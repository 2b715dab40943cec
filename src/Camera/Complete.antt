-- ===== src/Camera/Complete.antt =====
-- `CamReassembler::feed` on the packets of one frame.
use screx_v.Prelude.{
  ℕ, ◌+◌, ◌<◌, ◌≤◌, ◌≡◌, ◌≢◌, ◌∙◌, ap, sym, refl, true, false, Option, none, some, List, [], ◌∷◌,
  length, arith, get_or, set, chunks, concat, concat-chunks, map, ◌==◌, Bool-cases, inl, inr,
  replicate, length-replicate, length-set,
}
use screx_v.Bytes.{IsU32}
use screx_v.Camera.{
  CamReassembler, deliver, is_free, feed_fields, feed, feed_all, emit, max_cam_chunks, chunk_size,
}
use screx_v.Camera.Frame.{
  filled, IsPart, set-IsPart, filled-set, replicate-IsPart, filled-replicate, joined_full,
}
use screx_v.Camera.Wire.{body, feed-chunk_packet}
use screx_v.Camera.Steps.{
  IsFilling, IsIndexed, IsSpent, contains, deliver-none, deliver-some, feed_fields_fresh,
  feed_fields_same, free_before, free_lt, free_slot, get_elem?-get_or, packet_of, spent_step,
  store_free, store_taken, true_ne_false,
}

module _ (id : ℕ) (cs : List (List ℕ)) (hid : IsU32 id) (positive : 0 < length cs)
    (bounded : length cs ≤ max_cam_chunks) where
  feed-packet_of :
      (i : ℕ) (r : CamReassembler)
      → i < length cs
      → feed (body (packet_of id cs i)) r ≡ feed_fields id i (length cs) (get_or cs i []) r
  feed-packet_of i r h =
      feed-chunk_packet id (length cs) i (get_or cs i []) r hid (omega arith) (omega arith)

  -- A step of the sequence whose result is known.
  feed_all_step :
      (i : ℕ) (is : List ℕ) (r r' : CamReassembler) (o : Option (List ℕ))
      → i < length cs
      → feed_fields id i (length cs) (get_or cs i []) r ≡ (r', o)
      → feed_all (map body (map (packet_of id cs) (i ∷ is))) r
        ≡ emit o (feed_all (map body (map (packet_of id cs) is)) r')
  unfolding feed_all
  feed_all_step i is r r' o h e = rw (feed-packet_of i r h ∙ e) refl

  spent_silent :
      (is : List ℕ) (r : CamReassembler)
      → IsIndexed cs is
      → IsSpent id cs r
      → feed_all (map body (map (packet_of id cs) is)) r ≡ []
  unfolding feed_all
  spent_silent [] r b h = refl
  spent_silent (i ∷ is) r (lt, b) h =
      feed_all_step i is r r none lt (spent_step id cs r i (get_or cs i []) h bounded)
      ∙ spent_silent is r b h

  abbrev after_chunk : CamReassembler → ℕ → CamReassembler
  after_chunk r i = record r {
    received = set r.received i (some (get_or cs i []));
    received_count = r.received_count + 1;
  }

  spent : CamReassembler → CamReassembler
  spent r = record r { received = []; received_count = 0 }

  chunk-IsPart :
      (r : CamReassembler) (i : ℕ)
      → IsFilling id cs r
      → i < length cs
      → IsPart (after_chunk r i).received cs
  chunk-IsPart r i h lt = set-IsPart r.received cs i _ h.part (get_elem?-get_or cs i lt)

  chunk_count :
      (r : CamReassembler) (i : ℕ)
      → IsFilling id cs r
      → is_free r.received i ≡ true
      → filled (after_chunk r i).received ≡ filled r.received + 1
  chunk_count r i h free = filled-set r.received i _ free

  feed_free :
      (r : CamReassembler) (i : ℕ)
      → IsFilling id cs r
      → is_free r.received i ≡ true
      → feed_fields id i (length cs) (get_or cs i []) r ≡ deliver (after_chunk r i)
  feed_free r i h free =
      feed_fields_same r id (length cs) i _ h.current h.total positive bounded
      ∙ ap deliver (store_free i _ r free)

  last_chunk :
      (r : CamReassembler) (i : ℕ)
      → IsFilling id cs r
      → i < length cs
      → is_free r.received i ≡ true
      → filled r.received + 1 ≡ length cs
      → feed_fields id i (length cs) (get_or cs i []) r
        ≡ (spent (after_chunk r i), some (concat cs))
  unfolding spent
  last_chunk r i h lt free e =
      feed_free r i h free
      ∙ deliver-some (after_chunk r i) (omega (arith, e, h.count, h.total))
      ∙ ap (λ jpeg. (spent (after_chunk r i), some jpeg))
          (joined_full (after_chunk r i).received cs (chunk-IsPart r i h lt)
            (chunk_count r i h free ∙ e))

  other_chunk :
      (r : CamReassembler) (i : ℕ)
      → IsFilling id cs r
      → is_free r.received i ≡ true
      → filled r.received + 1 ≢ length cs
      → feed_fields id i (length cs) (get_or cs i []) r ≡ (after_chunk r i, none)
  other_chunk r i h free n =
      feed_free r i h free
      ∙ deliver-none (after_chunk r i) (λ e. n (omega (arith, e, h.count, h.total)))

  again_chunk :
      (r : CamReassembler) (i : ℕ)
      → IsFilling id cs r
      → is_free r.received i ≡ false
      → feed_fields id i (length cs) (get_or cs i []) r ≡ (r, none)
  again_chunk r i h taken =
      feed_fields_same r id (length cs) i _ h.current h.total positive bounded
      ∙ ap deliver (store_taken i _ r taken)
      ∙ deliver-none r (λ e. absurd (omega (arith, e, h.count, h.total, h.more)))

  after_chunk-IsFilling :
      (r : CamReassembler) (i : ℕ)
      → IsFilling id cs r
      → i < length cs
      → is_free r.received i ≡ true
      → filled r.received + 1 ≢ length cs
      → IsFilling id cs (after_chunk r i)
  after_chunk-IsFilling r i h lt free n = record {
    current = h.current;
    total = h.total;
    slots = length-set r.received i _ ∙ h.slots;
    count = omega (arith, h.count, chunk_count r i h free);
    part = chunk-IsPart r i h lt;
    more = omega (arith, h.more, n, chunk_count r i h free);
  }

  spent-IsSpent :
      (r : CamReassembler) (i : ℕ) → IsFilling id cs r → IsSpent id cs (spent (after_chunk r i))
  unfolding spent
  spent-IsSpent r i h = record {
    current = h.current;
    total = h.total;
    empty = refl;
    count = refl;
    some_chunks = positive;
  }

  contains_other :
      (i j : ℕ) (is : List ℕ) → contains j (i ∷ is) ≡ true → j ≢ i → contains j is ≡ true
  contains_other i j is h n = ground arith

  -- Every free slot is for a chunk still to come.
  Covers : CamReassembler → List ℕ → Type 0
  Covers r is = (j : ℕ) → is_free r.received j ≡ true → contains j is ≡ true

  filling_emits :
      (is : List ℕ) (r : CamReassembler)
      → IsFilling id cs r
      → IsIndexed cs is
      → Covers r is
      → feed_all (map body (map (packet_of id cs) is)) r ≡ concat cs ∷ []
  unfolding Covers
  filling_emits [] r h b covers =
      absurd (none_left (free_slot r.received (omega (arith, h.more, h.slots))))
    where
      none_left : (i : ℕ) × (i < length r.received) × (is_free r.received i ≡ true) → ⊥
      none_left (i, lt, free) = true_ne_false (covers i free)
  filling_emits (i ∷ is) r h (lt, b) covers = elim (Bool-cases (is_free r.received i)) [
    | inr taken ↦
        feed_all_step i is r r none lt (again_chunk r i h taken)
        ∙ filling_emits is r h b (λ j free.
          contains_other i j is (covers j free)
            (λ e. true_ne_false (sym (ap (is_free r.received) e ∙ taken) ∙ free)))
    | inl free ↦ elim (Bool-cases (filled r.received + 1 == length cs)) [
      | inl last ↦
          feed_all_step i is r (spent (after_chunk r i)) (some (concat cs)) lt
            (last_chunk r i h lt free (ground arith))
          ∙ ap (λ later. concat cs ∷ later)
              (spent_silent is (spent (after_chunk r i)) b (spent-IsSpent r i h))
      | inr other ↦
          feed_all_step i is r (after_chunk r i) none lt (other_chunk r i h free (ground arith))
          ∙ filling_emits is (after_chunk r i) (after_chunk-IsFilling r i h lt free (ground arith))
              b
              (λ j free'.
                contains_other i j is (covers j (free_before r.received i j _ free').0)
                  (free_before r.received i j _ free').1)
    ]
  ]

  restarted : CamReassembler
  restarted = record {
    current_frame_id = id;
    total_chunks = length cs;
    received = replicate (length cs) none;
    received_count = 0;
  }

  restarted-IsFilling : IsFilling id cs restarted
  unfolding restarted
  restarted-IsFilling = record {
    current = refl;
    total = refl;
    slots = length-replicate (length cs) none;
    count = sym (filled-replicate (length cs));
    part = replicate-IsPart (length cs) cs (omega arith);
    more = omega (arith, filled-replicate (length cs));
  }

  restarted_first :
      (r : CamReassembler) (i : ℕ) (c : List ℕ)
      → r.current_frame_id ≢ id
      → feed_fields id i (length cs) c r ≡ feed_fields id i (length cs) c restarted
  unfolding restarted
  restarted_first r i c n =
      feed_fields_fresh r id (length cs) i c n positive bounded
      ∙ sym (
          feed_fields_same restarted id (length cs) i c restarted-IsFilling.current
            restarted-IsFilling.total positive bounded)

  -- From a state of another frame, packets of a frame that are for each of its chunks at least
  -- once give that frame, once, whatever their order.
  chunks_emitted :
      (is : List ℕ) (r : CamReassembler)
      → r.current_frame_id ≢ id
      → IsIndexed cs is
      → ((j : ℕ) → j < length cs → contains j is ≡ true)
      → feed_all (map body (map (packet_of id cs) is)) r ≡ concat cs ∷ []
  unfolding restarted Covers feed_all
  chunks_emitted [] r n b all = absurd (true_ne_false (all 0 positive))
  chunks_emitted (i ∷ is) r n (lt, b) all =
      ap
        (λ (p : CamReassembler × Option (List ℕ)).
          emit p.1 (feed_all (map body (map (packet_of id cs) is)) p.0))
        (feed-packet_of i r lt
          ∙ restarted_first r i (get_or cs i []) n
          ∙ sym (feed-packet_of i restarted lt))
      ∙ filling_emits (i ∷ is) restarted restarted-IsFilling (lt, b)
          (λ j free. all j (free_lt (length cs) j free))

-- A frame of one to 4096 chunks is delivered once, and whole: packets of it that are for each of
-- its chunks at least once, in any order, given to a daemon whose current frame has another
-- number, complete exactly one frame, the JPEG that was sent.
pub feed_all-packet_of :
    (id : ℕ) (jpeg is : List ℕ) (r : CamReassembler)
    → IsU32 id
    → 0 < length (chunks chunk_size jpeg)
    → length (chunks chunk_size jpeg) ≤ max_cam_chunks
    → r.current_frame_id ≢ id
    → IsIndexed (chunks chunk_size jpeg) is
    → ((j : ℕ) → j < length (chunks chunk_size jpeg) → contains j is ≡ true)
    → feed_all (map body (map (packet_of id (chunks chunk_size jpeg)) is)) r ≡ jpeg ∷ []
feed_all-packet_of id jpeg is r hid positive bounded n b all =
    chunks_emitted id (chunks chunk_size jpeg) hid positive bounded is r n b all
    ∙ ap (λ f. f ∷ []) (concat-chunks chunk_size jpeg (omega arith))
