-- ===== src/Camera/Tests.antt =====
-- Runs of the theorems on camera frames.
use screx_v.Prelude.{
  ℕ, ◌<◌, ◌≡◌, refl, zero, suc, true, arith, List, [], ◌∷◌, map, length, All, chunks, chunks_within,
  replicate,
}
use screx_v.Camera.{CamReassembler, new, feed_all, chunk_packet, chunk_size}
use screx_v.Camera.Wire.{body, IsGenuine, IsSentFrame, feed_all-IsSentFrame}
use screx_v.Camera.Steps.{packet_of, contains}
use screx_v.Camera.Complete.{feed_all-packet_of}

abbrev jpeg : List ℕ
jpeg = replicate 1301 7

-- A daemon in the middle of another frame.
abbrev other : CamReassembler
other = record { current_frame_id = 4; total_chunks = 0; received = []; received_count = 0 }

two_chunks : length (chunks chunk_size jpeg) ≡ 2
unfolding chunks chunks_within
two_chunks = refl

-- The second chunk comes first, and again.
all_chunks : (j : ℕ) → j < 2 → contains j (1 ∷ 1 ∷ 0 ∷ []) ≡ true
all_chunks zero h = refl
all_chunks (suc zero) h = refl
all_chunks (suc (suc j)) h = absurd (omega arith)

feed_all-packet_of_example :
    feed_all (map body (map (packet_of 5 (chunks chunk_size jpeg)) (1 ∷ 1 ∷ 0 ∷ []))) other
    ≡ jpeg ∷ []
feed_all-packet_of_example =
    feed_all-packet_of 5 jpeg (1 ∷ 1 ∷ 0 ∷ []) other (omega arith) (rw two_chunks (omega arith))
      (rw two_chunks (omega arith)) (omega arith)
      (rw two_chunks (omega arith, (omega arith, (omega arith, tt)))) (rw two_chunks all_chunks)

-- A client whose frames are their numbers.
abbrev frames : ℕ → List ℕ
frames id = id ∷ []

one-IsGenuine : (id : ℕ) → id < 100 → IsGenuine frames (chunk_packet id 1 0 (id ∷ []))
unfolding chunks chunks_within
one-IsGenuine id h = (id, 0, id ∷ [], omega arith, omega arith, omega arith, refl, refl)

feed_all-IsSentFrame_example :
    All
      (IsSentFrame frames)
      (feed_all (map body (chunk_packet 9 1 0 (9 ∷ []) ∷ chunk_packet 3 1 0 (3 ∷ []) ∷ [])) new)
feed_all-IsSentFrame_example =
    feed_all-IsSentFrame frames (chunk_packet 9 1 0 (9 ∷ []) ∷ chunk_packet 3 1 0 (3 ∷ []) ∷ [])
      (one-IsGenuine 9 (omega arith), (one-IsGenuine 3 (omega arith), tt))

# # #

Reproduce exactly the first line of the listing and every line after it, through the one containing "cs) (i ∷ is))) r". Nothing else belongs in the output.

repository 2b715dab40943cec
filename src/Camera/Complete.antt
-- ===== src/Camera/Complete.antt =====
-- `CamReassembler::feed` on the packets of one frame.
use screx_v.Prelude.{
  ℕ, ◌+◌, ◌<◌, ◌≤◌, ◌≡◌, ◌≢◌, ◌∙◌, ap, sym, refl, true, false, Option, none, some, List, [], ◌∷◌,
  length, arith, get_or, set, chunks, concat, concat-chunks, map, ◌==◌, Bool-cases, inl, inr,
  replicate, length-replicate, length-set,
}
use screx_v.Bytes.{IsU32}
use screx_v.Camera.{
  CamReassembler, deliver, is_free, feed_fields, feed, feed_all, emit, max_cam_chunks, chunk_size,
}
use screx_v.Camera.Frame.{
  filled, IsPart, set-IsPart, filled-set, replicate-IsPart, filled-replicate, joined_full,
}
use screx_v.Camera.Wire.{body, feed-chunk_packet}
use screx_v.Camera.Steps.{
  IsFilling, IsIndexed, IsSpent, contains, deliver-none, deliver-some, feed_fields_fresh,
  feed_fields_same, free_before, free_lt, free_slot, get_elem?-get_or, packet_of, spent_step,
  store_free, store_taken, true_ne_false,
}

module _ (id : ℕ) (cs : List (List ℕ)) (hid : IsU32 id) (positive : 0 < length cs)
    (bounded : length cs ≤ max_cam_chunks) where
  feed-packet_of :
      (i : ℕ) (r : CamReassembler)
      → i < length cs
      → feed (body (packet_of id cs i)) r ≡ feed_fields id i (length cs) (get_or cs i []) r
  feed-packet_of i r h =
      feed-chunk_packet id (length cs) i (get_or cs i []) r hid (omega arith) (omega arith)

  -- A step of the sequence whose result is known.
  feed_all_step :
      (i : ℕ) (is : List ℕ) (r r' : CamReassembler) (o : Option (List ℕ))
      → i < length cs
      → feed_fields id i (length cs) (get_or cs i []) r ≡ (r', o)
      → feed_all (map body (map (packet_of id cs) (i ∷ is))) r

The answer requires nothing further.